The second post on the other hand was all about FriendFeed; and social media by proxy, and how it was a growing and vibrant place to hang out. this is very true in the general sense of things andrally doesn’t contradict my first post in any fashion. It just showed how people are using FriendFeed for all types of converstaions andwhile that is a good thing for people wanting to talk about all kinds of technology it isn’t such a great place. This is especially true if you are a blogger trying to use FriendFeed and a reliable source of what is happening right now.

Now the interesting thing here is when we look at the FriendFeed stats of Likes and Comments for each of the posts because this is where you can see the real bias for social media discussions versus other types of tech discussions. With the first post – Wow There Is A World Beyond Social Media – we have a total of 10 Likes and 2 Comments. Now contrast that with the second post – FriendFeed Is Growing Nicely Regardless Of What Scoble Says – where we have a total of 52 Likes and 42 Comments. It is obvious to see where the overwhelming interest is.
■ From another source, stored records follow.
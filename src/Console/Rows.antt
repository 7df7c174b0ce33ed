-- ===== src/Console/Rows.antt =====
-- kernel/console.c: what inserting and deleting characters does to the cursor's row.
use linux_0_01raf.Prelude.{
  ℕ, zero, suc, ◌+◌, ◌-◌, ◌*◌, ◌<◌, ◌≡◌, ◌∙◌, ap, refl, inl, inr, arith, Bool, not, ◌&&◌, ltb, leb,
  ltb→lt, ◌==◌, if◌then◌else◌, Bool-cases,
}
use linux_0_01raf.Console.{blank, Console}
use linux_0_01raf.Console.Commands.{
  csi_P, csi_at, insert_char, delete_char, repeat, shift_left, shift_right,
}
use linux_0_01raf.Console.Memory.{
  shift_left-Outside, shift_left_inside, shift_left_last, shift_right-Outside, shift_right_inside,
  shift_right_first,
}
use linux_0_01raf.Console.Drawing.{number_of, clamp_lem}
use linux_0_01raf.Console.Cursor.{OnScreen}
use linux_0_01raf.Console.Drawing.{insert_char-Stays, delete_char-Stays}
use linux_0_01raf.Console.Editing.{on_screen}
use linux_0_01raf.Console.Screen.{cell}

-- deleting and inserting in a row, on its cells
delete_char-cell :
    (c : Console) (i j : ℕ)
    → OnScreen c
    → i < 80
    → j < 25
    → cell (delete_char c) i j ≡ (
        if not ((j == c.y) && leb c.x i)
        then cell c i j
        else if ltb (i + 1) 80
        then cell c (i + 1) j
        else blank)
unfolding delete_char OnScreen cell
delete_char-cell c i j (xi, yi, p, e, ev, lo, hi, r, m, sx, sy) hi_ hj =
    elim (Bool-cases (leb 80 c.x)) [
      | inl behind ↦ rw behind (ground arith)
      | inr on ↦ rw on (elim (Bool-cases ((j == c.y) && leb c.x i)) [
        | inr off ↦ rw off (shift_left-Outside _ c.pos c.video _ (ground arith))
        | inl row ↦ rw row (elim (Bool-cases (ltb (i + 1) 80)) [
          | inl more ↦ rw more (
              ap (shift_left _ c.pos c.video) (ground arith)
              ∙ shift_left_inside (80 - c.x - 1) c.pos c.video (i - c.x) (ground arith)
              ∙ ap c.video (ground arith))
          | inr last ↦ rw last (
              ap (shift_left _ c.pos c.video) (ground arith)
              ∙ shift_left_last (80 - c.x - 1) c.pos c.video)
        ])
      ])
    ]

insert_char-cell :
    (c : Console) (i j : ℕ)
    → OnScreen c
    → i < 80
    → j < 25
    → cell (insert_char c) i j ≡ (
        if not ((j == c.y) && leb c.x i)
        then cell c i j
        else if ltb c.x i
        then cell c (i - 1) j
        else blank)
unfolding insert_char OnScreen cell
insert_char-cell c i j (xi, yi, p, e, ev, lo, hi, r, m, sx, sy) hi_ hj =
    elim (Bool-cases ((j == c.y) && leb c.x i)) [
      | inr off ↦ rw off (shift_right-Outside _ c.pos blank c.video _ (ground arith))
      | inl row ↦ rw row (elim (Bool-cases (ltb c.x i)) [
        | inl more ↦ rw more (
            ap (shift_right _ c.pos blank c.video) (ground arith)
            ∙ shift_right_inside (80 - c.x) c.pos blank c.video (i - c.x - 1) (ground arith)
            ∙ ap c.video (ground arith))
        | inr first ↦
            let count : 80 - c.x ≡ suc (80 - c.x - 1) = ground arith in
            rw first (
              ap (λ k. shift_right k c.pos blank c.video (c.origin + 2 * (j * 80 + i))) count
              ∙ ap (shift_right (suc (80 - c.x - 1)) c.pos blank c.video) (ground arith)
              ∙ shift_right_first (80 - c.x - 1) c.pos blank c.video)
      ])
    ]

-- one character more, on the cells of a row
one_left :
    (n x z i : ℕ) (row : Bool) (p q : ℕ → ℕ)
    → ((k : ℕ)
        → k < 80
        → q k ≡ (if not (row && leb x k) then p k else if ltb (k + 1) 80 then p (k + 1) else blank))
    → z ≡ x
    → i < 80
    → (if not (row && leb z i) then q i else if ltb (i + n) 80 then q (i + n) else blank)
      ≡ (if not (row && leb x i) then p i else if ltb (i + suc n) 80 then p (i + suc n) else blank)
one_left n x z i row p q h e hi = elim (Bool-cases (ltb (i + n) 80)) [
  | inl inside ↦ ground (arith, h i hi, h (i + n) (ltb→lt (i + n) 80 inside))
  | inr outside ↦ ground (arith, h i hi)
]

one_right :
    (n x z i : ℕ) (row : Bool) (p q : ℕ → ℕ)
    → ((k : ℕ)
        → k < 80
        → q k ≡ (if not (row && leb x k) then p k else if ltb x k then p (k - 1) else blank))
    → z ≡ x
    → i < 80
    → (if not (row && leb z i) then q i else if leb (z + n) i then q (i - n) else blank)
      ≡ (if not (row && leb x i) then p i else if leb (x + suc n) i then p (i - suc n) else blank)
one_right n x z i row p q h e hi = ground (arith, h i hi, h (i - n) (omega arith))

delete_char-place : (c : Console) → ((delete_char c).x ≡ c.x) × ((delete_char c).y ≡ c.y)
unfolding delete_char
delete_char-place c = ground arith

insert_char-place : (c : Console) → ((insert_char c).x ≡ c.x) × ((insert_char c).y ≡ c.y)
unfolding insert_char
insert_char-place c = (refl, refl)

deleted :
    (n : ℕ) (c : Console) (i j : ℕ)
    → OnScreen c
    → i < 80
    → j < 25
    → cell (repeat delete_char n c) i j ≡ (
        if not ((j == c.y) && leb c.x i)
        then cell c i j
        else if ltb (i + n) 80
        then cell c (i + n) j
        else blank)
unfolding repeat
deleted zero c i j g hi hj = ground arith
deleted (suc n) c i j g hi hj =
    deleted n (delete_char c) i j (on_screen c _ (delete_char-Stays c g)) hi hj
    ∙ ap
        (λ b.
          if not (b && leb (delete_char c).x i)
          then cell (delete_char c) i j
          else if ltb (i + n) 80
          then cell (delete_char c) (i + n) j
          else blank)
        (ap (λ k. j == k) ((delete_char-place c).1))
    ∙ one_left n c.x (delete_char c).x i (j == c.y) (λ k. cell c k j)
        (λ k. cell (delete_char c) k j) (λ k hk. delete_char-cell c k j g hk hj)
        ((delete_char-place c).0) hi

inserted :
    (n : ℕ) (c : Console) (i j : ℕ)
    → OnScreen c
    → i < 80
    → j < 25
    → cell (repeat insert_char n c) i j ≡ (
        if not ((j == c.y) && leb c.x i)
        then cell c i j
        else if leb (c.x + n) i
        then cell c (i - n) j
        else blank)
unfolding repeat
inserted zero c i j g hi hj = ground arith
inserted (suc n) c i j g hi hj =
    inserted n (insert_char c) i j (on_screen c _ (insert_char-Stays c g)) hi hj
    ∙ ap
        (λ b.
          if not (b && leb (insert_char c).x i)
          then cell (insert_char c) i j
          else if leb ((insert_char c).x + n) i
          then cell (insert_char c) (i - n) j
          else blank)
        (ap (λ k. j == k) ((insert_char-place c).1))
    ∙ one_right n c.x (insert_char c).x i (j == c.y) (λ k. cell c k j)
        (λ k. cell (insert_char c) k j) (λ k hk. insert_char-cell c k j g hk hj)
        ((insert_char-place c).0) hi

-- Where the cursor is on the screen: deleting characters, 1 for the number 0 and at most 80, moves the rest
-- of the cursor's row to the cursor, makes the cells that are left over blank, and leaves all else.
pub csi_P-cell :
    (nr : ℕ) (c : Console) (i j : ℕ)
    → OnScreen c
    → i < 80
    → j < 25
    → cell (csi_P nr c) i j ≡ (
        if not ((j == c.y) && leb c.x i)
        then cell c i j
        else if ltb (i + number_of 80 nr) 80
        then cell c (i + number_of 80 nr) j
        else blank)
unfolding csi_P
csi_P-cell nr c i j g hi hj =
    rw (clamp_lem 80 nr (omega arith)) (deleted (number_of 80 nr) c i j g hi hj)

-- Where the cursor is on the screen: inserting characters, 1 for the number 0 and at most 80, moves the
-- cursor's row from the cursor on to the right, makes the cells it leaves blank, and leaves all else.
pub csi_at-cell :
    (nr : ℕ) (c : Console) (i j : ℕ)
    → OnScreen c
    → i < 80
    → j < 25
    → cell (csi_at nr c) i j ≡ (
        if not ((j == c.y) && leb c.x i)
        then cell c i j
        else if leb (c.x + number_of 80 nr) i
        then cell c (i - number_of 80 nr) j
        else blank)
unfolding csi_at
csi_at-cell nr c i j g hi hj =
    rw (clamp_lem 80 nr (omega arith)) (inserted (number_of 80 nr) c i j g hi hj)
This post is not meant in any fashion to be a indictment against peoples preferences. Rather it is meant to show; good or bad, that once you get caught up within any of the social media services it is very easy to find one’s focus become very narrow. I purposely do by best to make sure that the people I follow are across a broad spectrum to try and not get sucked into this myopic view but that hasn’t changed the results I see when using something like FriendFeed. Just as FriendFeed has become a political junkies dream hunting ground it also shows that technology interests are skewed in a specific direction.

My take away from all this is that while FriendFeed is a great place to hang out don’t expect to get any great reaction if you blog about technologies that are centered around social media. That said though I’m not going to let this experience alter what I write about and who knows maybe I’ll help expand the technology horizon found on FriendFeed a little.